START Provided data

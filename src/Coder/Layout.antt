-- ===== src/Coder/Layout.antt =====
-- How encodeParams and decodeParams of src/console/jsre/deps/web3.js lay params out: a static part with
-- the params of a fixed size and the offsets of the others, and those others behind it.
use ultron.Prelude.{
  ℕ, ◌+◌, ◌*◌, ◌≤◌, ◌<◌, ◌≡◌, refl, ap, ◌∙◌, true, false, some, List, [], ◌∷◌, ◌++◌, arith, length,
  ◌⊎◌, inl, inr,
}
use ultron.Text.{Text, all}
use ultron.Text.Slices.{take-append_self, drop-append_self}
use ultron.Text.Radix.{is_digit_of, value}
use ultron.BigNumber.{IsExact}
use ultron.Prelude.Int.{pos}
use ultron.Value.{Value}
use ultron.Abi.{Kind, static_part_length, is_dynamic, require_type}
use ultron.Formatters.Numbers.{
  word_mod, padded, length-padded, padded-all, padded-value, word-number,
}
use ultron.Coder.{Libraries, Encoded, read_number, hex_prefix, number_or_nan, rounded, depth_of}
use ultron.Coder.Encode.{
  Entry, head_sizes, encode, encode_with_offset, heads, tails, head_text, tail_text, behind,
  entries,
}
use ultron.Coder.Decode.{cut, number_at, decode, get_types}

hex_prefix-all : (s : Text) → all (is_digit_of 16) s ≡ true → hex_prefix s ≡ s
hex_prefix-all [] h = refl
hex_prefix-all (c ∷ s) h = ground (arith, hex_prefix-all s)

number_or_nan-value : (s : Text) → 0 < length s → number_or_nan s ≡ some (value 16 s)
unfolding number_or_nan
number_or_nan-value [] h = absurd (omega arith)
number_or_nan-value (c ∷ s) h = refl

pub read_number-padded : (n : ℕ) → n < word_mod → read_number (padded n) ≡ some n
unfolding read_number
read_number-padded n h =
    rw (hex_prefix-all (padded n) (padded-all n))
      (number_or_nan-value (padded n) (omega (arith, length-padded n h)) ∙ ap some (padded-value n))

pub cut-append :
    (pre w post : Text) (o n : ℕ)
    → length pre ≡ o * 2
    → length w ≡ n
    → cut (pre ++ (w ++ post)) (some o) n ≡ w
cut-append pre w post o n h k =
    rw (← h, ← k, drop-append_self pre (w ++ post)) (take-append_self w post)

pub number_at-append :
    (pre post : Text) (o n : ℕ)
    → length pre ≡ o * 2
    → n < word_mod
    → number_at (pre ++ (padded n ++ post)) (some o) ≡ some n
unfolding number_at
number_at-append pre post o n h k =
    ap read_number (cut-append pre (padded n) post o 64 h (length-padded n k))
    ∙ read_number-padded n k

module _ (lib : Libraries) where
  open lib.runtime.big_number use {Big}

  module _ (type : Text) (kind : Kind) (body : Text) (result : Value Big) where
    -- A param of a fixed size is read where it stands.
    pub record IsFixed : Type 0 where
      pub still : is_dynamic kind type ≡ false
      pub whole : rounded (static_part_length type) ≡ static_part_length type
      pub fixed_size : length body ≡ static_part_length type * 2
      pub read :
          (pre post : Text) (o : ℕ)
          → length pre ≡ o * 2
          → decode lib (depth_of type) kind (pre ++ (body ++ post)) (some o) type ≡ some result

    -- Any other is read where its offset points.
    pub record IsMoving : Type 0 where
      pub moves : is_dynamic kind type ≡ true
      pub one_word : static_part_length type ≡ 32
      pub half : ℕ
      pub moving_size : length body ≡ half * 2
      pub read :
          (bytes pre post : Text) (o p : ℕ)
          → bytes ≡ pre ++ (body ++ post)
          → length pre ≡ p * 2
          → number_at bytes (some o) ≡ some p
          → decode lib (depth_of type) kind bytes (some o) type ≡ some result

  -- A param with its encoding, and with what it is decoded to wherever it stands.
  pub record Item : Type 0 where
    pub type : Text
    pub kind : Kind
    pub required : require_type type ≡ some kind
    pub param : Value Big
    pub result : Value Big
    pub encoded : Encoded
    pub encodes : encode lib (depth_of type) kind type param ≡ some encoded
    pub body : Text
    pub settled :
        (offset : ℕ) → encode_with_offset lib (depth_of type) type encoded (some offset) ≡ some body
    pub layout : IsFixed type kind body result ⊎ IsMoving type kind body result

  abbrev pub Layout : Item → Type 0
  Layout i = IsFixed i.type i.kind i.body i.result ⊎ IsMoving i.type i.kind i.body i.result

  abbrev pub entry_of : Item → Entry
  entry_of i = record { type = i.type; kind = i.kind; encoded = i.encoded }

  abbrev pub types_of : List Item → List Text
  types_of [] = []
  types_of (i ∷ is) = i.type ∷ types_of is

  abbrev pub params_of : List Item → List (Value Big)
  params_of [] = []
  params_of (i ∷ is) = i.param ∷ params_of is

  abbrev pub results_of : List Item → List (Value Big)
  results_of [] = []
  results_of (i ∷ is) = i.result ∷ results_of is

  abbrev pub entries_of : List Item → List Entry
  entries_of [] = []
  entries_of (i ∷ is) = entry_of i ∷ entries_of is

  -- What stands in the static part, and what stands behind it.
  abbrev pub head_of : ℕ → Item → Text
  head_of offset i = elim i.layout [ inl _ ↦ i.body | inr _ ↦ padded offset ]

  abbrev pub tail_of : Item → Text
  tail_of i = elim i.layout [ inl _ ↦ [] | inr _ ↦ i.body ]

  -- The bytes of the latter.
  abbrev pub tail_size : Item → ℕ
  tail_size i = elim i.layout [ inl _ ↦ 0 | inr m ↦ m.half ]

  abbrev pub heads_of : ℕ → List Item → Text
  heads_of offset [] = []
  heads_of offset (i ∷ is) = head_of offset i ++ heads_of (offset + tail_size i) is

  abbrev pub tails_of : List Item → Text
  tails_of [] = []
  tails_of (i ∷ is) = tail_of i ++ tails_of is

  abbrev pub end_of : ℕ → List Item → ℕ
  end_of offset [] = offset
  end_of offset (i ∷ is) = end_of (offset + tail_size i) is

  -- The bytes of an encoding.
  unfoldable pub bytes_of : List Item → ℕ
  unfolding head_sizes
  bytes_of is = end_of (head_sizes (entries_of is)) is

  pub entries-items :
      (is : List Item) → entries lib (types_of is) (params_of is) ≡ some (entries_of is)
  unfolding entries
  entries-items [] = refl
  entries-items (i ∷ is) = rw (i.required, i.encodes, entries-items is) refl

  abbrev pub kinds_of : List Item → List Kind
  kinds_of [] = []
  kinds_of (i ∷ is) = i.kind ∷ kinds_of is

  pub get_types-items : (is : List Item) → get_types lib (types_of is) ≡ some (kinds_of is)
  unfolding get_types
  get_types-items [] = refl
  get_types-items (i ∷ is) = rw (i.required, get_types-items is) refl

  pub end_of_ge : (offset : ℕ) (is : List Item) → offset ≤ end_of offset is
  end_of_ge offset [] = omega arith
  end_of_ge offset (i ∷ is) = omega (arith, end_of_ge (offset + tail_size i) is)

  behind-tail_size :
      (offset : ℕ) (i : Item)
      → behind (is_dynamic i.kind i.type) offset i.body ≡ offset + tail_size i
  behind-tail_size offset i = by_layout i.layout
    where
      by_layout :
          (l : Layout i)
          → behind (is_dynamic i.kind i.type) offset i.body
            ≡ offset + elim l [ inl _ ↦ 0 | inr m ↦ m.half ]
      by_layout (inl f) = rw f.still (omega arith)
      by_layout (inr m) = rw m.moves (omega (arith, m.moving_size))

  tail_text-tail_of : (i : Item) → tail_text (is_dynamic i.kind i.type) i.body ≡ tail_of i
  tail_text-tail_of i = by_layout i.layout
    where
      by_layout :
          (l : Layout i)
          → tail_text (is_dynamic i.kind i.type) i.body ≡ elim l [ inl _ ↦ [] | inr _ ↦ i.body ]
      by_layout (inl f) = rw f.still refl
      by_layout (inr m) = rw m.moves refl

  module _ (exact : IsExact lib.runtime.big_number) where
    head_text-head_of :
        (offset : ℕ) (i : Item)
        → offset < word_mod
        → head_text lib (is_dynamic i.kind i.type) offset i.body ≡ some (head_of offset i)
    head_text-head_of offset i h = by_layout i.layout
      where
        by_layout :
            (l : Layout i)
            → head_text lib (is_dynamic i.kind i.type) offset i.body
              ≡ some (elim l [ inl _ ↦ i.body | inr _ ↦ padded offset ])
        by_layout (inl f) = rw f.still refl
        by_layout (inr m) = rw m.moves (word-number lib.runtime.big_number exact (pos offset) h)

    pub heads-items :
        (offset : ℕ) (is : List Item)
        → end_of offset is < word_mod
        → heads lib offset (entries_of is) ≡ some (heads_of offset is, end_of offset is)
    unfolding heads
    heads-items offset [] h = refl
    heads-items offset (i ∷ is) h =
        let low : offset < word_mod = omega (arith, end_of_ge (offset + tail_size i) is) in
        rw
          (
            i.settled offset,
            head_text-head_of offset i low,
            behind-tail_size offset i,
            heads-items (offset + tail_size i) is h,
          )
          refl

  pub tails-items :
      (offset : ℕ) (is : List Item) → tails lib offset (entries_of is) ≡ some (tails_of is)
  unfolding tails
  tails-items offset [] = refl
  tails-items offset (i ∷ is) =
      rw
        (
          i.settled offset,
          behind-tail_size offset i,
          tails-items (offset + tail_size i) is,
          tail_text-tail_of i,
        )
        refl
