-- ===== src/Coder/Items.antt =====
-- Params of src/console/jsre/deps/web3.js as items of an encoding: words, and arrays of words.
use ultron.Prelude.{
  ℕ, suc, ◌*◌, ◌≡◌, refl, ap, false, Option, some, [], ◌++◌, length, append-nil, inl,
}
use ultron.Text.{Text}
use ultron.Value.{Value}
use ultron.Abi.{
  Kind, static_part_length, is_dynamic, is_dynamic_type, require_type, nested_types,
  is_dynamic_array, is_static_array, product_from,
}
use ultron.Abi.Names.{IsClosed}
use ultron.Formatters
use ultron.Formatters.{static_param}
use ultron.Coder.{Libraries, text, depth_of, input_formatter, output_formatter}
use ultron.Coder.Encode.{encode, encode_plain, encode_with_offset}
use ultron.Coder.Decode.{decode, decode_plain}
use ultron.Coder.Layout.{Item, tail_size, cut-append}

-- The name of a type of one word, with its kind.
pub record WordType : Type 0 where
  pub name : Text
  pub kind : Kind
  pub plain : nested_types name ≡ []
  pub closed : IsClosed name
  pub fixed : is_dynamic_type kind ≡ false

module _ (lib : Libraries) where
  open lib.runtime.big_number use {Big}

  -- A value, the word that the formatters make of it, and what they make of the word.
  pub record Element (t : WordType) : Type 0 where
    pub param : Value Big
    pub word : Text
    pub result : Value Big
    pub size : length word ≡ 64
    pub goes_in : input_formatter lib t.kind param ≡ some (static_param word)
    pub comes_out : output_formatter lib t.kind (static_param word) t.name ≡ some result

  module _ (t : WordType) where
    pub name_facts :
        (is_dynamic_array t.name ≡ false)
        × (is_static_array t.name ≡ false)
        × (static_part_length t.name ≡ 32)
        × (depth_of t.name ≡ 1)
    unfolding is_dynamic_array is_static_array static_part_length product_from depth_of
    name_facts = rw (t.plain, is_dynamic_array, is_static_array) (refl, refl, refl, refl)

    pub encode_word :
        (fuel : ℕ) (e : Element t)
        → encode lib (suc fuel) t.kind t.name e.param ≡ some (text e.word)
    unfolding encode encode_plain Formatters.encode Formatters.static_part Formatters.is_dynamic
        Formatters.dynamic_part
    encode_word fuel e =
        rw (name_facts.0, name_facts.1, e.goes_in) (ap (λ s. some (text s)) (append-nil e.word))

    pub decode_word :
        (fuel : ℕ) (e : Element t) (pre post : Text) (o : ℕ)
        → length pre ≡ o * 2
        → decode lib (suc fuel) t.kind (pre ++ (e.word ++ post)) (some o) t.name ≡ some e.result
    unfolding decode decode_plain
    decode_word fuel e pre post o h =
        rw
          (
            name_facts.0,
            name_facts.1,
            name_facts.2,
            t.fixed,
            cut-append pre e.word post o 64 h e.size,
          )
          e.comes_out

    pub settled_word :
        (fuel : ℕ) (offset : Option ℕ) (w : Text)
        → encode_with_offset lib (suc fuel) t.name (text w) offset ≡ some w
    unfolding encode_with_offset
    settled_word fuel offset w = rw (name_facts.0, name_facts.1) refl

    pub still_word : is_dynamic t.kind t.name ≡ false
    unfolding is_dynamic
    still_word = rw (t.fixed, name_facts.0) refl

    -- A param of such a type.
    pub word_item : require_type t.name ≡ some t.kind → Element t → Item lib
    word_item required e = record {
      type = t.name;
      kind = t.kind;
      required = required;
      param = e.param;
      result = e.result;
      encoded = text e.word;
      encodes = rw name_facts.3 (encode_word 0 e);
      body = e.word;
      settled = λ offset. rw name_facts.3 (settled_word 0 (some offset) e.word);
      layout = inl (record {
        still = still_word;
        whole = rw name_facts.2 refl;
        fixed_size = rw name_facts.2 e.size;
        read = λ pre post o h. rw name_facts.3 (decode_word 0 e pre post o h);
      });
    }

    pub word_item_lem :
        (required : require_type t.name ≡ some t.kind) (e : Element t)
        → ((word_item required e).type ≡ t.name)
          × ((word_item required e).param ≡ e.param)
          × ((word_item required e).result ≡ e.result)
          × (tail_size lib (word_item required e) ≡ 0)
          × (static_part_length t.name ≡ 32)
    unfolding word_item
    word_item_lem required e = (refl, refl, refl, refl, name_facts.2)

END Provided data

> [About this exercise] Filter the listing above by the word "arith"; copy each line that passes.

> [Answer to the problem]
  ℕ, ◌+◌, ◌*◌, ◌≤◌, ◌<◌, ◌≡◌, refl, ap, ◌∙◌, true, false, some, List, [], ◌∷◌, ◌++◌, arith, length,
hex_prefix-all (c ∷ s) h = ground (arith, hex_prefix-all s)
number_or_nan-value [] h = absurd (omega arith)
      (number_or_nan-value (padded n) (omega (arith, length-padded n h)) ∙ ap some (padded-value n))
  end_of_ge offset [] = omega arith
  end_of_ge offset (i ∷ is) = omega (arith, end_of_ge (offset + tail_size i) is)
      by_layout (inl f) = rw f.still (omega arith)
      by_layout (inr m) = rw m.moves (omega (arith, m.moving_size))
        let low : offset < word_mod = omega (arith, end_of_ge (offset + tail_size i) is) in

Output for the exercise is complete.